Será que não é disso que se trata a nossa incapacidade de tolerar a profundidade das relações afetivas e mesmo a afetividade que temos com os nossos sonhos e projetos profissionais? Ao ponto de fingirmos não sentir dor ou medo? Acreditando que, ou a vida é maravilhosa, um algodão bem doce, ou algo ruim, amargo e sem remédio?
O amortecimento que estamos usando como escudo há tempos, está nos tirando a capacidade de viver. E quando falo em vida, falo da vivida e sentida de verdade, não dessa que projetamos por aí.
Li neste final de semana uma coluna na Zero Hora que falava da intolerância das crianças a dor e a frustração. Crianças estão se tornando potenciais suicidas por falta de lido com o que não é maravilhosamente perfeito, ou que apresentam engrenagens que não funcionam.
Imaginem que se mecanicamente tudo precisa de ajustes durante a sua vida útil, sejam roupas, moradia, eletrodomésticos, e até a nossa letra ou capacidade de leitura e compreensão, não poderia ser diferente na vida “orgânica” da gente. Essa que acontece hoje diferente de ontem, por conta de tantas variáveis.

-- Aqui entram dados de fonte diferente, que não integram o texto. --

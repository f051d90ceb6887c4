-- ===== src/Timer/Tests.antt =====
-- Runs of the timer of prs/timer.c, and each theorem at an input.
use prs.Base.{
  ℕ, ◌^◌, ◌%◌, ◌≡◌, refl, false, true, some, List, [], ◌∷◌, arith, ◌==◌, ◌&&◌, if◌then◌else◌,
}
use prs.Base.Partial.{◌>>=◌}
use prs.Pool
use prs.Pool.{Pool}
use prs.Pool.Fields.{fields, encode}
use prs.Timer.{Timer, Events, tick}
use prs.Timer.Laws.{Kept}
use prs.Timer.Tick.{emptied, unlock_all, signal_all, tick-signals}

-- Entry 1 of the pool, with the references of the timer and of the caller.
abbrev pool : Pool
pool = record {
  area = false;
  header = λ j. if j == 1 then encode (fields true 2 1) else (2 ^ 63);
  bytes = λ _. [];
  data_size = 8;
  entry_size = 16;
  max_entries = 4;
  max_entries_mask = 3;
  write_index = 2;
}

abbrev timer : (now end : ℕ) → Timer
timer now end = record {
  lists = λ wheel slot. if (slot == now % 256) && (wheel == 0) then 1 ∷ [] else [];
  tmp_list = [];
  pool = pool;
  entries = λ _. record { start = 0; end = end; event = 5; event_type = 2 };
  queued = [];
  now = now;
}

-- The world is the list of the events signalled, the last one first.
abbrev log : Events (List ℕ)
log = record { signal = λ w event type. some (event ∷ w); unref = λ w event. some w }

timer-Kept : (now end : ℕ) → Kept (timer now end) 1
unfolding Pool.get_id_of Pool.get_entry Pool.Header.get_id
timer-Kept now end = record {
  refs = 2;
  held = record {
    fits = record { refcnt_fits = omega arith; id_fits = omega arith };
    header = refl;
  };
  more = omega arith;
}

tick-signals_example : tick log (λ e _. e) 4 [] (timer 3 3) ≡ (
    signal_all log (1 ∷ []) (timer 3 3).entries [] >>= λ v.
    some
      (v, record (emptied (timer 3 3) 3) { pool = unlock_all (1 ∷ []) pool; now = 4; queued = [] }))
tick-signals_example =
    tick-signals log (λ e _. e) [] (timer 3 3) (omega arith) (omega arith) refl refl (refl, tt)
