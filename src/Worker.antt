-- ===== src/Worker.antt =====
-- prs/worker.c: what a worker does on its thread. A task is named by its address, 0 is none; `id_of` and
-- `context_of` are the fields of its structure. A swap of register contexts is a pair: the context that is
-- saved, 0 for none, and the one that goes on. Each function runs without interference; Worker.Wakeup
-- interleaves them. `none` stands for a loop that has not ended when its fuel is used up.
pub mod Flags
pub mod Wakeup
pub mod Entry
mod Tests
use prs.Base.{
  ℕ, zero, suc, ◌+◌, ◌-◌, ◌^◌, Bool, true, false, not, ◌&&◌, Option, none, some, bit_and, bit_or,
  ◌==◌, if◌then◌else◌,
}
use prs.Base.Result.{Result, ok, already_exists, locked, not_implemented, out_of_memory}
use prs.Sched.{is_ok}
use prs.Thread
use prs.Thread.{Thread}

abbrev pub flag_interruptible : ℕ
flag_interruptible = 1

abbrev pub flag_interrupt_pending : ℕ
flag_interrupt_pending = 2

abbrev pub flag_idle : ℕ
flag_idle = 4

abbrev pub flag_stop : ℕ
flag_stop = 8

-- `~flag` of `prs_worker_flags_t`
abbrev pub complement : ℕ → ℕ
complement flag = 2 ^ 32 - 1 - flag

-- Whether `flags & flag` is not 0.
abbrev pub has_flag : (flags flag : ℕ) → Bool
has_flag flags flag = not (bit_and flags flag == 0)

-- The accesses to the flags, by what they store.
unfoldable pub add_flag : (flag flags : ℕ) → ℕ
add_flag flag flags = bit_or flags flag

unfoldable pub drop_flag : (flag flags : ℕ) → ℕ
drop_flag flag flags = bit_and flags (complement flag)

-- The compare-and-exchange of `prs_worker_idle`: `none` where it fails.
unfoldable pub idle_flags : (flags : ℕ) → Option ℕ
idle_flags flags = if flags == 0 then some (bit_or flag_idle flag_interrupt_pending) else none

-- The compare-and-exchange of `prs_worker_task_prologue`.
unfoldable pub prologue_flags : (flags : ℕ) → Option ℕ
prologue_flags flags = if flags == 0 then some flag_interruptible else none

-- What `prs_worker_schedule_internal` does with the flags that it finds.
pub data Turn : Type 0 where
  leave choose go_on : Turn

unfoldable pub turn : (flags : ℕ) → Turn
turn flags =
    if has_flag flags flag_stop
    then leave
    else (if has_flag flags flag_interrupt_pending then choose else go_on)

-- What `prs_worker_post` does with the flags before it set the pending flag, and with those before it
-- cleared the idle flag.
pub data Post : Type 0 where
  wake interrupt_thread : Post
  answer : Result → Post

unfoldable pub post_rest : (interrupt : Bool) → (flags : ℕ) → Post
post_rest interrupt flags =
    let interruptible = has_flag flags flag_interruptible in
    if interrupt
    then (if interruptible
        then (if not (has_flag flags flag_interrupt_pending)
            then interrupt_thread
            else answer already_exists)
        else answer locked)
    else answer ok

unfoldable pub post_idle : (interrupt : Bool) → (flags : ℕ) → Post
unfolding post_rest
post_idle interrupt flags = if has_flag flags flag_idle then wake else post_rest interrupt flags

-- With the data of the scheduler, and its function that finds the next task.
pub record Worker (D : Type 0) : Type 0 where
  pub id : ℕ
  pub flags : ℕ
  pub current_task_id : ℕ
  pub current_task : ℕ
  pub exit_context : ℕ
  pub thread : Thread
  pub userdata : D

pub record Ops (D : Type 0) : Type 0 where
  pub get_next : D → (prev_task : ℕ) → D × ℕ × Bool

-- What the calls of the operating system answer.
pub record Os : Type 0 where
  pub sem_post : Bool
  pub esrch : ℕ
  pub kill_error : ℕ

abbrev pub Swap : Type 0
Swap = Option (ℕ × ℕ)

module _ {D : Type 0} where
  abbrev pub set_flags : Worker D → ℕ → Worker D
  set_flags w flags = record w { flags = flags }

  abbrev pub set_current_task : (id_of : ℕ → ℕ) → Worker D → (task : ℕ) → Worker D
  set_current_task id_of w task = record w {
    current_task = task;
    current_task_id = if task == 0 then 0 else id_of task;
  }

  -- `slept` is the worker once its thread is resumed.
  unfoldable pub idle : (slept : Worker D → Worker D) → Worker D → Worker D
  unfolding idle_flags
  idle slept w = elim (idle_flags w.flags) [
    | none ↦ w
    | some new_flags ↦ slept (set_flags w new_flags)
  ]

  module _ (ops : Ops D) (slept : Worker D → Worker D) (id_of context_of : ℕ → ℕ) where
    -- `rest` is the next round, behind `prs_worker_idle`.
    abbrev pub chosen :
        (rest : Worker D → Option (Worker D × Swap))
        → (prev_task save_context : ℕ) → Worker D
        → D × ℕ × Bool
        → Option (Worker D × Swap)
    chosen rest prev_task save_context w (userdata, next_task, switch_to_next) =
        let w' : Worker D = record w { userdata = userdata } in
        let swap =
          if prev_task == next_task then none else some (save_context, context_of next_task) in
        if not (next_task == 0)
        then some (set_current_task id_of w' next_task, swap)
        else (if switch_to_next then rest w' else some (w', some (0, w.exit_context)))

    unfoldable pub schedule_loop :
        ℕ → (check : Bool) → (exit_context prev_context : ℕ) → Worker D → Option (Worker D × Swap)
    schedule_loop zero check exit_context prev_context w = none
    schedule_loop (suc fuel) check exit_context prev_context w =
        let flags = if check then w.flags else flag_interrupt_pending in
        let w1 = if check then set_flags w (drop_flag flag_interrupt_pending w.flags) else w in
        let prev_task = w1.current_task in
        let prev_context' = if prev_task == 0 then prev_context else context_of prev_task in
        let save_context = if prev_context' == 0 then exit_context else prev_context' in
        let rest =
          λ (x : Worker D). schedule_loop fuel true exit_context prev_context' (idle slept x) in
        elim (turn flags) [
          | leave ↦ some (w1, if exit_context == 0 then some (0, w.exit_context) else none)
          | choose ↦
              chosen rest prev_task save_context (set_current_task id_of w1 0)
                (ops.get_next w1.userdata prev_task)
          | go_on ↦ some (w1, none)
        ]

    unfoldable pub schedule_internal :
        ℕ → (check_flags : Bool) → (exit_context : ℕ) → Worker D → Option (Worker D × Swap)
    unfolding schedule_loop
    schedule_internal fuel check_flags exit_context w =
        schedule_loop fuel check_flags exit_context 0 w

  unfoldable pub int_disable : Worker D → Worker D × Bool
  unfolding drop_flag
  int_disable w =
      (set_flags w (drop_flag flag_interruptible w.flags), has_flag w.flags flag_interruptible)

  unfoldable pub int_enabled : Worker D → Bool
  int_enabled w = has_flag w.flags flag_interruptible

  unfoldable pub posted : Os → Worker D → Post → Worker D × Result
  unfolding Thread.resume Thread.interrupt
  posted os w wake =
      let (thread, result) = Thread.resume os.sem_post w.thread in
      (record w { thread = thread }, result)
  posted os w interrupt_thread = (w, Thread.interrupt os.esrch os.kill_error)
  posted os w (answer result) = (w, result)

  unfoldable pub post : Os → (interrupt : Bool) → Worker D → Worker D × Result
  unfolding add_flag drop_flag post_idle post_rest posted
  post os interrupt w =
      let pending = set_flags w (add_flag flag_interrupt_pending w.flags) in
      let woken = set_flags pending (drop_flag flag_idle pending.flags) in
      if has_flag w.flags flag_idle
      then posted os woken (post_idle interrupt pending.flags)
      else posted os pending (post_rest interrupt w.flags)

  -- `prs_worker_interrupt` and `prs_worker_signal`
  unfoldable pub interrupt : Os → Worker D → Worker D × Result
  interrupt os w = post os true w

  unfoldable pub signal : Os → Worker D → Worker D × Result
  signal os w = post os false w

  -- A worker stops itself by a swap to its exit context; another one is interrupted and waited for.
  unfoldable pub stop :
      Os → (current : Bool) → (waited : Thread → Thread) → Worker D → Worker D × Result × Swap
  unfolding add_flag interrupt Thread.join
  stop os current waited w =
      let stopping = set_flags w (add_flag flag_stop w.flags) in
      let (w', result) = interrupt os stopping in
      let (thread, joined) = Thread.join waited w'.thread in
      if current
      then (stopping, ok, some (0, w.exit_context))
      else (if is_ok result
          then (record w' { thread = thread }, joined, none)
          else (w', result, none))
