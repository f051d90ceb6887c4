-- ===== src/Worker/Entry.antt =====
-- The life of a worker of prs/worker.c on its thread.
use prs.Base.{ℕ, zero, suc, Bool, true, false, ◌&&◌, Option, none, some, ◌==◌, if◌then◌else◌}
use prs.Base.Partial.{◌>>=◌}
use prs.Base.Result.{Result, ok, not_implemented, out_of_memory}
use prs.Sched.{is_ok}
use prs.God
use prs.God.{God}
use prs.Thread
use prs.Thread.{Thread}
use prs.Worker.{
  Worker, Ops, flag_interruptible, flag_stop, has_flag, prologue_flags, set_flags,
  schedule_internal, int_disable,
}

module _ {D : Type 0} where
  -- `worker` is what `malloc` returns.
  unfoldable pub create :
      God
      → (worker : ℕ) → (ops_index : ℕ) → (thread : Thread) → D
      → God × Result × Option (Worker D)
  create g worker ops_index thread userdata =
      let (g', id) = God.alloc_and_lock g worker ops_index in
      if worker == 0
      then (g, out_of_memory, none)
      else (if id == God.Header.id_invalid then (g', out_of_memory, none) else (
        g',
        ok,
        some (record {
          id = id;
          flags = 0;
          current_task_id = 0;
          current_task = 0;
          exit_context = 0;
          thread = thread;
          userdata = userdata;
        }),
      ))

  unfoldable pub destroy : Worker D → Result
  destroy w = not_implemented

  -- `run` is what the thread does.
  unfoldable pub start : (run : Thread → Thread) → (sem_post : Bool) → Worker D → Worker D × Result
  start run sem_post w =
      let (thread, result) = Thread.set_callback_params w.thread in
      let (thread', result') = Thread.start run sem_post thread in
      if is_ok result
      then (record w { flags = 0; thread = thread' }, result')
      else (record w { thread = thread }, result)

  unfoldable pub join : (waited : Thread → Thread) → Worker D → Worker D × Result
  join waited w =
      let (thread, result) = Thread.join waited w.thread in (record w { thread = thread }, result)

  -- `is_user_text` is what `prs_proc_is_user_text` says of the instruction pointer of the context, where
  -- there is one.
  unfoldable pub interruptible : Worker D → (is_user_text : Option Bool) → Bool
  interruptible w none = has_flag w.flags flag_interruptible
  interruptible w (some user_text) = has_flag w.flags flag_interruptible && user_text

  module _ (ops : Ops D) (slept : Worker D → Worker D) (id_of context_of : ℕ → ℕ) where
    -- `swapped` is the worker when the context that a swap has saved goes on.
    unfoldable pub prologue :
        ℕ → (fuel : ℕ) → (swapped : Worker D → ℕ × ℕ → Worker D) → Worker D → Option (Worker D)
    unfolding prologue_flags
    prologue zero fuel swapped w = none
    prologue (suc rounds) fuel swapped w = do
      (w', swap) ← schedule_internal ops slept id_of context_of fuel true 0 w
      let back : Worker D = elim swap [ none ↦ w' | some contexts ↦ swapped w' contexts ]
      let rest = prologue rounds fuel swapped back
      elim (prologue_flags back.flags) [ some flags ↦ some (set_flags back flags) | none ↦ rest ]

    -- With interrupts enabled and a context, the prologue is put on the stack of the task: the worker
    -- and whether it was.
    unfoldable pub interrupt_entry :
        (rounds fuel : ℕ) (swapped : Worker D → ℕ × ℕ → Worker D)
        → (context : Bool) → Worker D
        → Option (Worker D × Bool)
    unfolding int_disable prologue
    interrupt_entry rounds fuel swapped context w =
        let (w', interrupts_enabled) = int_disable w in
        let run = prologue rounds fuel swapped w' >>= λ back. some (back, false) in
        if interrupts_enabled then (if context then some (w', true) else run) else some (w', false)

    -- The assertions of `prs_worker_int_enable` around the prologue.
    unfoldable pub int_enable :
        (rounds fuel : ℕ) → (swapped : Worker D → ℕ × ℕ → Worker D) → Worker D → Option (Worker D)
    unfolding prologue
    int_enable rounds fuel swapped w =
        let enabled = prologue rounds fuel swapped w in
        if has_flag w.flags flag_interruptible then none else enabled

    -- The loop of `prs_worker_entry`: `swapped` is the worker when its exit context goes on.
    unfoldable pub entry_loop :
        ℕ → (fuel : ℕ) → (swapped : Worker D → ℕ × ℕ → Worker D) → Worker D → Option (Worker D)
    entry_loop zero fuel swapped w = none
    entry_loop (suc rounds) fuel swapped w =
        let rest = schedule_internal ops slept id_of context_of fuel false w.exit_context w >>= λ r.
        entry_loop rounds fuel swapped
          (elim r.1 [ none ↦ r.0 | some contexts ↦ swapped r.0 contexts ]) in
        if has_flag w.flags flag_stop then some w else rest

    -- `context` is what `prs_pal_context_alloc` returns.
    unfoldable pub entry :
        (rounds fuel : ℕ) (context : ℕ)
        → (swapped : Worker D → ℕ × ℕ → Worker D) → Worker D
        → Option (Worker D)
    unfolding entry_loop
    entry rounds fuel context swapped w =
        entry_loop rounds fuel swapped (record w { exit_context = context }) >>= λ left.
        some (record left { exit_context = 0 })
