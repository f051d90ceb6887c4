-- ===== src/Worker/Flags.antt =====
-- The flags of prs/worker.c as fields. What the accesses do is checked on each of the sixteen values.
use prs.Base.{
  ℕ, ◌+◌, ◌*◌, ◌≡◌, refl, Bool, true, false, not, ◌&&◌, ◌||◌, none, some, ◌==◌, if◌then◌else◌,
  eq_of_test, arith,
}
use prs.Worker.{
  flag_interruptible, flag_interrupt_pending, flag_idle, flag_stop, has_flag, add_flag, drop_flag,
  idle_flags, prologue_flags, leave, choose, go_on, turn, post_rest, post_idle, wake,
  interrupt_thread, answer,
}
use prs.Base.Result.{ok, already_exists, locked}

pub record Flags : Type 0 where
  pub interruptible : Bool
  pub pending : Bool
  pub idle : Bool
  pub stop : Bool

abbrev pub flags : (interruptible pending idle stop : Bool) → Flags
flags i p d s = record { interruptible = i; pending = p; idle = d; stop = s }

bit : Bool → ℕ
bit true = 1
bit false = 0

unfoldable pub encode : Flags → ℕ
unfolding bit
encode f = bit f.interruptible + 2 * bit f.pending + 4 * bit f.idle + 8 * bit f.stop

both : (Bool → Bool) → Bool
both p = p true && p false

both_sound : (p : Bool → Bool) → both p ≡ true → (b : Bool) → p b ≡ true
unfolding both
both_sound p all true = ground arith
both_sound p all false = ground arith

every : (Flags → Bool) → Bool
unfolding both
every p = both (λ i. both (λ q. both (λ d. both (λ s. p (flags i q d s)))))

every_sound : (p : Flags → Bool) → every p ≡ true → (f : Flags) → p f ≡ true
unfolding every
every_sound p all f =
    let at_stop : Bool → Bool = λ x. p (flags f.interruptible f.pending f.idle x) in
    let at_idle : Bool → Bool = λ x. both (λ s. p (flags f.interruptible f.pending x s)) in
    let at_pending : Bool → Bool = λ x. both (λ d. both (λ s. p (flags f.interruptible x d s))) in
    let at_interruptible : Bool → Bool =
      λ x. both (λ q. both (λ d. both (λ s. p (flags x q d s)))) in
    both_sound at_stop
      (both_sound at_idle
        (both_sound at_pending (both_sound at_interruptible all f.interruptible) f.pending) f.idle)
      f.stop

same : Bool → Bool → Bool
same true b = b
same false b = not b

eq_of_same : (a b : Bool) → same a b ≡ true → a ≡ b
unfolding same
eq_of_same true b h = ground arith
eq_of_same false b h = ground arith

-- A fact on numbers, and one on tests, from a check of all values.
number : (a b : Flags → ℕ) → every (λ f. a f == b f) ≡ true → (f : Flags) → a f ≡ b f
number a b all f = eq_of_test (a f) (b f) (every_sound (λ f. a f == b f) all f)

test : (a b : Flags → Bool) → every (λ f. same (a f) (b f)) ≡ true → (f : Flags) → a f ≡ b f
test a b all f = eq_of_same (a f) (b f) (every_sound (λ f. same (a f) (b f)) all f)

pub has-interruptible : (f : Flags) → has_flag (encode f) flag_interruptible ≡ f.interruptible
unfolding every same encode
has-interruptible = test (λ f. has_flag (encode f) flag_interruptible) (λ f. f.interruptible) refl

pub has-pending : (f : Flags) → has_flag (encode f) flag_interrupt_pending ≡ f.pending
unfolding every same encode
has-pending = test (λ f. has_flag (encode f) flag_interrupt_pending) (λ f. f.pending) refl

pub has-idle : (f : Flags) → has_flag (encode f) flag_idle ≡ f.idle
unfolding every same encode
has-idle = test (λ f. has_flag (encode f) flag_idle) (λ f. f.idle) refl

pub has-stop : (f : Flags) → has_flag (encode f) flag_stop ≡ f.stop
unfolding every same encode
has-stop = test (λ f. has_flag (encode f) flag_stop) (λ f. f.stop) refl

pub encode-zero :
    (f : Flags) → (encode f == 0) ≡ not (f.interruptible || (f.pending || (f.idle || f.stop)))
unfolding every same encode
encode-zero =
    test (λ f. encode f == 0) (λ f. not (f.interruptible || (f.pending || (f.idle || f.stop)))) refl

pub add-pending :
    (f : Flags) → add_flag flag_interrupt_pending (encode f) ≡ encode (record f { pending = true })
unfolding every encode add_flag
add-pending =
    number (λ f. add_flag flag_interrupt_pending (encode f))
      (λ f. encode (record f { pending = true })) refl

pub add-stop : (f : Flags) → add_flag flag_stop (encode f) ≡ encode (record f { stop = true })
unfolding every encode add_flag
add-stop = number (λ f. add_flag flag_stop (encode f)) (λ f. encode (record f { stop = true })) refl

pub drop-pending :
    (f : Flags)
    → drop_flag flag_interrupt_pending (encode f) ≡ encode (record f { pending = false })
unfolding every encode drop_flag
drop-pending =
    number (λ f. drop_flag flag_interrupt_pending (encode f))
      (λ f. encode (record f { pending = false })) refl

pub drop-idle : (f : Flags) → drop_flag flag_idle (encode f) ≡ encode (record f { idle = false })
unfolding every encode drop_flag
drop-idle =
    number (λ f. drop_flag flag_idle (encode f)) (λ f. encode (record f { idle = false })) refl

pub drop-interruptible :
    (f : Flags)
    → drop_flag flag_interruptible (encode f) ≡ encode (record f { interruptible = false })
unfolding every encode drop_flag
drop-interruptible =
    number (λ f. drop_flag flag_interruptible (encode f))
      (λ f. encode (record f { interruptible = false })) refl

-- The decisions of the source, on the fields.
pub turn_fields :
    (f : Flags)
    → turn (encode f) ≡ (if f.stop then leave else (if f.pending then choose else go_on))
unfolding turn
turn_fields f = rw (has-stop f, has-pending f) refl

pub idle_fields :
    (f : Flags)
    → idle_flags (encode f) ≡ (
        if not (f.interruptible || (f.pending || (f.idle || f.stop)))
        then some (encode (flags false true true false))
        else none)
unfolding idle_flags encode
idle_fields f = rw (encode-zero f) refl

pub prologue_fields :
    (f : Flags)
    → prologue_flags (encode f) ≡ (
        if not (f.interruptible || (f.pending || (f.idle || f.stop)))
        then some (encode (flags true false false false))
        else none)
unfolding prologue_flags encode
prologue_fields f = rw (encode-zero f) refl

pub post_rest_fields :
    (interrupt : Bool) (f : Flags)
    → post_rest interrupt (encode f) ≡ (
        if interrupt
        then (if f.interruptible
            then (if not f.pending then interrupt_thread else answer already_exists)
            else answer locked)
        else answer ok)
unfolding post_rest
post_rest_fields interrupt f = rw (has-interruptible f, has-pending f) refl

pub post_idle_fields :
    (interrupt : Bool) (f : Flags)
    → post_idle interrupt (encode f) ≡ (if f.idle then wake else post_rest interrupt (encode f))
unfolding post_idle
post_idle_fields interrupt f = rw (has-idle f) refl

Movimentos são ajustados a todo o tempo na busca de fazer melhor o que estamos realizando exatamente agora. Um tom de voz, um jeito de falar, uma forma de fazer valer a nossa opinião, uma orientação educacional aos filhos, o jeito de amar o amor romântico, de lidar com o que mudamos na vida…
São tantas coisas para olhar de novo, para errar, tentar mais uma vez, e quem sabe acertar, que não dá para imaginar que sem querer pais constroem mundos perfeitos e sem problemas para os filhos, achando que assim os protegerão do sofrimento e do perigo. Não dá porque é imediatista, perigoso e mentiroso.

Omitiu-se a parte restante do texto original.